There was no sentimentality about the death of a hireling.

‘I did not know until now that this young man, Ming, was alive. He was grabbed by the CIA from an internet cafe, then we assume Ming gave them the Rotterdam address. They took him in when they raided our smuggling operation and Ming was shot. Apparently both our side and the CIA left him for dead. He is in an Amsterdam hospital, under police guard.’

‘So have him killed.’ The Banker gave a dismissive wave of her hand. ‘I can assure you, if there is a surfeit of anything in the world, it’s Chinese grad students.’

‘I will. But why I’ve told you all this is because it’s all part of a bigger picture. We have shaped Sam Capra, over the years, like he was made of clay. And I don’t intend to let that wheel stop spinning until he is molded in just the way we need. The time has come. I have thought of a way in which Mr Capra can be invaluable to us.’

‘Because we have his child,’ the Banker said. ‘You just got a new pawn on your chessboard, darling.’ She actually smiled at him.

He did not like her changing his metaphor. ‘You have to seize what advantages you can,’ the Watcher said. He felt the tension in his chest begin to loosen. At any moment any of the others would have been in their rights to call a vote on his life. They hadn’t.

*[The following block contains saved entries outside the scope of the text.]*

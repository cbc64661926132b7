-- ===== src/Encoder/AddSub/Registers.antt =====
-- The encoders of CMP, MOV and MVN of registers.
use bcpl.Prelude.{ℕ, ◌+◌, ◌*◌, ◌%◌, ◌^◌, ◌≡◌, ◌∙◌, ap, arith, Bool, Text, ok, >>=-eq-ok, some}
use bcpl.BitPatcher.Fields.{patch_fresh, patch_zero}
use bcpl.Instruction.{Instruction}
use bcpl.Arm64.{
  subs_reg, orr_reg, orn_reg, decode, decode_at, class_decode, add_sub_reg, logical_reg,
}
use bcpl.Encoder.Registers.{parse_register_unchecked}
use bcpl.Encoder.Operands.{Pair, parse_two}
use bcpl.Encoder.Operands.Fits.{bit, bit-le, PairFits, parse_two-Fits, patch_sf_lem}
use bcpl.Encoder.AddSub.{create_cmp_reg, create_mov_reg, create_mvn_reg}

cmp_word : Pair → ℕ
cmp_word t = 0x6B000000 + bit t.sf * 2 ^ 31 + t.rn * 2 ^ 16 + t.rd * 2 ^ 5 + 31

decode_cmp : (t : Pair) → PairFits t → decode (cmp_word t) ≡ some (subs_reg t.sf 31 t.rd t.rn 0)
unfolding cmp_word class_decode add_sub_reg
decode_cmp t f = decode_at (cmp_word t) 22 (omega (arith, bit-le)) ∙ ground arith

-- Every word that the CMP (register) encoder makes decodes to SUBS of its two operands, at their size,
-- into the zero register.
pub create_cmp_reg-decode :
    (xn xm : Text) {instr : Instruction}
    → create_cmp_reg xn xm ≡ ok instr
    → (t : Pair) × (parse_two 31 xn xm ≡ ok t)
      × (decode instr.encoding ≡ some (subs_reg t.sf 31 t.rd t.rn 0))
unfolding create_cmp_reg cmp_word
create_cmp_reg-decode xn xm {instr} e =
    let (t, et, e1) = >>=-eq-ok (parse_two 31 xn xm) _ e in
    let f = parse_two-Fits 31 xn xm (omega arith) et in
    let w0 = 0x6B000000 + bit t.sf * 2 ^ 31 in
    let w1 = w0 + t.rn * 2 ^ 16 in
    let w2 = w1 + t.rd * 2 ^ 5 in
    let e2 =
      rw
        (
          patch_sf_lem t.sf 0x6B000000 (omega arith),
          patch_fresh w0 t.rn 16 5 (omega (arith, bit-le)) (omega arith) (omega arith) (omega arith)
              (omega (arith, bit-le)),
          patch_fresh w1 t.rd 5 5 (omega (arith, bit-le)) (omega arith) (omega arith) (omega arith)
              (omega (arith, bit-le)),
          patch_fresh w2 31 0 5 (omega (arith, bit-le)) (omega arith) (omega arith) (omega arith)
              (omega (arith, bit-le)),
        )
        at e1 in
    let same_word : instr.encoding ≡ cmp_word t = ground arith in
    (t, et, ap decode same_word ∙ decode_cmp t f)

mov_word : Pair → ℕ
mov_word t = 0x2A000000 + bit t.sf * 2 ^ 31 + t.rd + t.rn * 2 ^ 16 + 31 * 2 ^ 5

decode_mov : (t : Pair) → PairFits t → decode (mov_word t) ≡ some (orr_reg t.sf t.rd 31 t.rn 0)
unfolding mov_word class_decode logical_reg
decode_mov t f = decode_at (mov_word t) 20 (omega (arith, bit-le)) ∙ ground arith

-- Every word that the MOV (register) encoder makes decodes to ORR of the zero register and its source,
-- at the operands' size.
pub create_mov_reg-decode :
    (xd xn : Text) {instr : Instruction}
    → create_mov_reg xd xn ≡ ok instr
    → (t : Pair) × (parse_two 31 xd xn ≡ ok t)
      × (decode instr.encoding ≡ some (orr_reg t.sf t.rd 31 t.rn 0))
unfolding create_mov_reg mov_word
create_mov_reg-decode xd xn {instr} e =
    let (t, et, e1) = >>=-eq-ok (parse_two 31 xd xn) _ e in
    let f = parse_two-Fits 31 xd xn (omega arith) et in
    let w0 = 0x2A000000 + bit t.sf * 2 ^ 31 in
    let w1 = w0 + t.rd * 2 ^ 0 in
    let w2 = w1 + t.rn * 2 ^ 16 in
    let e2 =
      rw
        (
          patch_sf_lem t.sf 0x2A000000 (omega arith),
          patch_fresh w0 t.rd 0 5 (omega (arith, bit-le)) (omega arith) (omega arith) (omega arith)
              (omega (arith, bit-le)),
          patch_fresh w1 t.rn 16 5 (omega (arith, bit-le)) (omega arith) (omega arith) (omega arith)
              (omega (arith, bit-le)),
          patch_fresh w2 31 5 5 (omega (arith, bit-le)) (omega arith) (omega arith) (omega arith)
              (omega (arith, bit-le)),
        )
        at e1 in
    let same_word : instr.encoding ≡ mov_word t = ground arith in
    (t, et, ap decode same_word ∙ decode_mov t f)

mvn_word : Bool → ℕ → ℕ → ℕ
mvn_word sf rd rm = 0x2A200800 + bit sf * 2 ^ 31 + rd % 2 ^ 5 + 31 * 2 ^ 5 + rm % 2 ^ 5 * 2 ^ 16

decode_mvn :
    (sf : Bool) (rd rm : ℕ)
    → decode (mvn_word sf rd rm) ≡ some (orn_reg sf (rd % 32) 31 (rm % 32) 2)
unfolding mvn_word class_decode logical_reg
decode_mvn sf rd rm = decode_at (mvn_word sf rd rm) 20 (omega (arith, bit-le)) ∙ ground arith

-- Every word that the MVN encoder makes decodes to ORN of the zero register and the source shifted left
-- by 2 places, at the size of the destination.
pub create_mvn_reg-decode :
    (xd xm : Text) {instr : Instruction}
    → create_mvn_reg xd xm ≡ ok instr
    → (d : ℕ × Bool) × (m : ℕ × Bool) × (parse_register_unchecked xd ≡ ok d)
      × (parse_register_unchecked xm ≡ ok m)
      × (decode instr.encoding ≡ some (orn_reg d.1 (d.0 % 32) 31 (m.0 % 32) 2))
unfolding create_mvn_reg mvn_word
create_mvn_reg-decode xd xm {instr} e =
    let (d, ed, e1) = >>=-eq-ok (parse_register_unchecked xd) _ e in
    let (m, em, e2) = >>=-eq-ok (parse_register_unchecked xm) _ e1 in
    let w0 = 0x2A200800 + bit d.1 * 2 ^ 31 in
    let w1 = w0 + d.0 % 2 ^ 5 * 2 ^ 0 in
    let w2 = w1 + 31 * 2 ^ 5 in
    let e3 =
      rw
        (
          patch_sf_lem d.1 0x2A200800 (omega arith),
          patch_zero w0 d.0 0 5 (omega (arith, bit-le)) (omega arith) (omega arith)
              (omega (arith, bit-le)),
          patch_fresh w1 31 5 5 (omega (arith, bit-le)) (omega arith) (omega arith) (omega arith)
              (omega (arith, bit-le)),
          patch_zero w2 m.0 16 5 (omega (arith, bit-le)) (omega arith) (omega arith)
              (omega (arith, bit-le)),
        )
        at e2 in
    let same_word : instr.encoding ≡ mvn_word d.1 d.0 m.0 = ground arith in
    (d, m, ed, em, ap decode same_word ∙ decode_mvn d.1 d.0 m.0)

‘The CIA will never trust him while we have his child. Ever,’ the General said.

‘Oh, I know. I intend to take full advantage of that. It’s not like there’s a surplus of highly trained CIA operatives on the market. And most of them would never consider working for us.’

‘But he will,’ the Banker said.

The Watcher nodded. ‘Yes. He will.’ He was going to get to live another day, he decided.